Formel 1 in der Schule

Das erfolgreiche SIHK-Projekt „Formel 1 in der Schule“ hat so starken Zulauf wie noch nie. 52 Schülerinnen und Schüler nahmen am vergangenen Durchgang des Programms im Rahmen ihrer Berufsorientierung teil. In dem Projekt können die jungen Leute praktische Erfahrungen mit den Anforderungen technischer Berufe gewinnen.

Regelmäßig nach der Schule konstruieren die Teilnehmerinnen und Teilnehmer in Teams in den kommenden Monaten ihre Autos. Jedem Team werden dabei vielseitige Talente abverlangt. Es gibt einen Konstrukteur, einen Designer, einen Ingenieur und zahlreiche Aufgaben mehr. Wenn die Schülerinnen und Schüler im Landes- oder Bundeswettbewerb erfolgreich sein wollen, muss alles passen. Denn die unabhängige Jury urteilt genau. Nicht nur die Schnelligkeit des Miniatur-Rennwagens ist gefragt. Auch das Auftreten des Teams, die Optik des Präsentationsstandes in der Boxengasse und die Präsentation per Bildanimation werden von den Juroren bewertet. Zudem müssen alle technischen Regeln eingehalten und ein Teamportfolio erstellt werden. Die Autos müssen im Windkanal getestet werden, Sponsoren müssen besorgt werden, eine Gestaltung überlegt und die Fahrzeuge lackiert werden. Und das alles in der Freizeit. Hilfe bekommen die jungen Konstrukteure von Studenten der Fachhochschule Südwestfalen.

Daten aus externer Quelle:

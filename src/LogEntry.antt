-- ===== src/LogEntry.antt =====
-- logging/models.py: one entry of the log. The time of the entry is set by its constructor and is
-- left out.
use ai_proxy.Common.{ℕ, String, Option, none, some, List, ◌>>=◌}
use ai_proxy.Dict.{Dict}
use ai_proxy.Json.{ℤ, Json, null, arr, obj, JsonObject}

pub record LogEntry : Type 0 where
  pub id : String
  pub client_ip : Option String
  pub client_api_key_hash : Option String
  pub method : String
  pub path : String
  pub request_headers : Option (Dict String)
  pub client_request_headers : Option (Dict String)
  pub request_body : Option JsonObject
  pub request_body_raw : Option String
  pub client_request_body : Option JsonObject
  pub client_request_body_raw : Option String
  pub response_status_code : Option ℕ
  pub response_headers : Option (Dict String)
  pub client_response_headers : Option (Dict String)
  pub response_body : Json
  pub client_response_body : Json
  pub stream_chunks : Option (List Json)
  pub model_requested : Option String
  pub model_resolved : Option String
  pub provider_name : Option String
  pub latency_ms : Option ℕ
  pub ttft_ms : Option ℕ
  pub input_tokens : Option ℤ
  pub output_tokens : Option ℤ
  pub total_tokens : Option ℤ
  pub cost : Option ℕ
  pub cache_status : Option String
  pub reasoning_tokens : Option ℤ
  pub error_message : Option String
  pub metadata : Option JsonObject

-- What an entry takes from the request: the client's address, the method, the path, the headers.
pub record RequestInfo : Type 0 where
  pub host : Option String
  pub method : String
  pub path : String
  pub headers : Dict String

-- The other arguments of `from_proxy_context`.
pub record ProxyContext : Type 0 where
  pub entry_id : String
  pub request : RequestInfo
  pub client_api_key_hash : String
  pub request_headers : Option (Dict String)
  pub request_body : JsonObject
  pub request_body_raw : Option String
  pub client_request_body : Option JsonObject
  pub client_request_body_raw : Option String
  pub model_requested : String
  pub model_resolved : String
  pub provider_name : String
  pub latency_ms : ℕ
  pub ttft_ms : Option ℕ
  pub response_status_code : ℕ
  pub response_headers : Option (Dict String)
  pub client_response_headers : Option (Dict String)
  pub response_body : Json
  pub client_response_body : Json
  pub stream_chunks : Option (List Json)
  pub input_tokens : Option Json
  pub output_tokens : Option Json
  pub total_tokens : Option Json
  pub error_message : Option String

-- A value for a field of the type `dict | list | None`
abbrev pub container : Json → Option Json
container null = some null
container (arr vs) = some (arr vs)
container (obj fs) = some (obj fs)
container _ = none

-- The entry of a context, with the values that were checked.
abbrev pub log_entry : ProxyContext → Json → Json → Option ℤ → Option ℤ → Option ℤ → LogEntry
log_entry c response_body client_response_body input_tokens output_tokens total_tokens = record {
  id = c.entry_id;
  client_ip = c.request.host;
  client_api_key_hash = some c.client_api_key_hash;
  method = c.request.method;
  path = c.request.path;
  request_headers = c.request_headers;
  client_request_headers = some c.request.headers;
  request_body = some c.request_body;
  request_body_raw = c.request_body_raw;
  client_request_body = c.client_request_body;
  client_request_body_raw = c.client_request_body_raw;
  response_status_code = some c.response_status_code;
  response_headers = c.response_headers;
  client_response_headers = c.client_response_headers;
  response_body = response_body;
  client_response_body = client_response_body;
  stream_chunks = c.stream_chunks;
  model_requested = some c.model_requested;
  model_resolved = some c.model_resolved;
  provider_name = some c.provider_name;
  latency_ms = some c.latency_ms;
  ttft_ms = c.ttft_ms;
  input_tokens = input_tokens;
  output_tokens = output_tokens;
  total_tokens = total_tokens;
  cost = none;
  cache_status = none;
  reasoning_tokens = none;
  error_message = c.error_message;
  metadata = none;
}

-- The entry, or `none` where its constructor raises: a body that is a bare number, text or truth
-- value, or a count that is no integer. `validate_int` is what pydantic makes of an `int | None`.
unfoldable pub from_proxy_context :
    (Option Json → Option (Option ℤ)) → ProxyContext → Option LogEntry
from_proxy_context validate_int c = do
  response_body ← container c.response_body
  client_response_body ← container c.client_response_body
  input_tokens ← validate_int c.input_tokens
  output_tokens ← validate_int c.output_tokens
  total_tokens ← validate_int c.total_tokens
  some (log_entry c response_body client_response_body input_tokens output_tokens total_tokens)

Das Ziel aller Teams ist klar: Am Ende wollen sie bei der Landesmeisterschaft gut abschneiden und sich, wenn es richtig gut läuft, sogar für die Deutsche Meisterschaft qualifizieren. Das Projekt „Formel 1 in der Schule“ in Lüdenscheid wird von Prof. Dr. Wilhelm Hannibal von der Fachhochschule Südwestfalen betreut, der als Bindeglied zwischen Schülern und Studenten fungiert. Die Schulen selbst und die SIHK sehen in diesem technischen Projekt ein wichtiges ergänzendes Lernangebot zum Schulunterricht, das konkrete und praktische Berufsorientierung bietet.  Gefördert wird das Projekt im Rahmen des Landesprogramms NRW „Zukunft durch Innovation“.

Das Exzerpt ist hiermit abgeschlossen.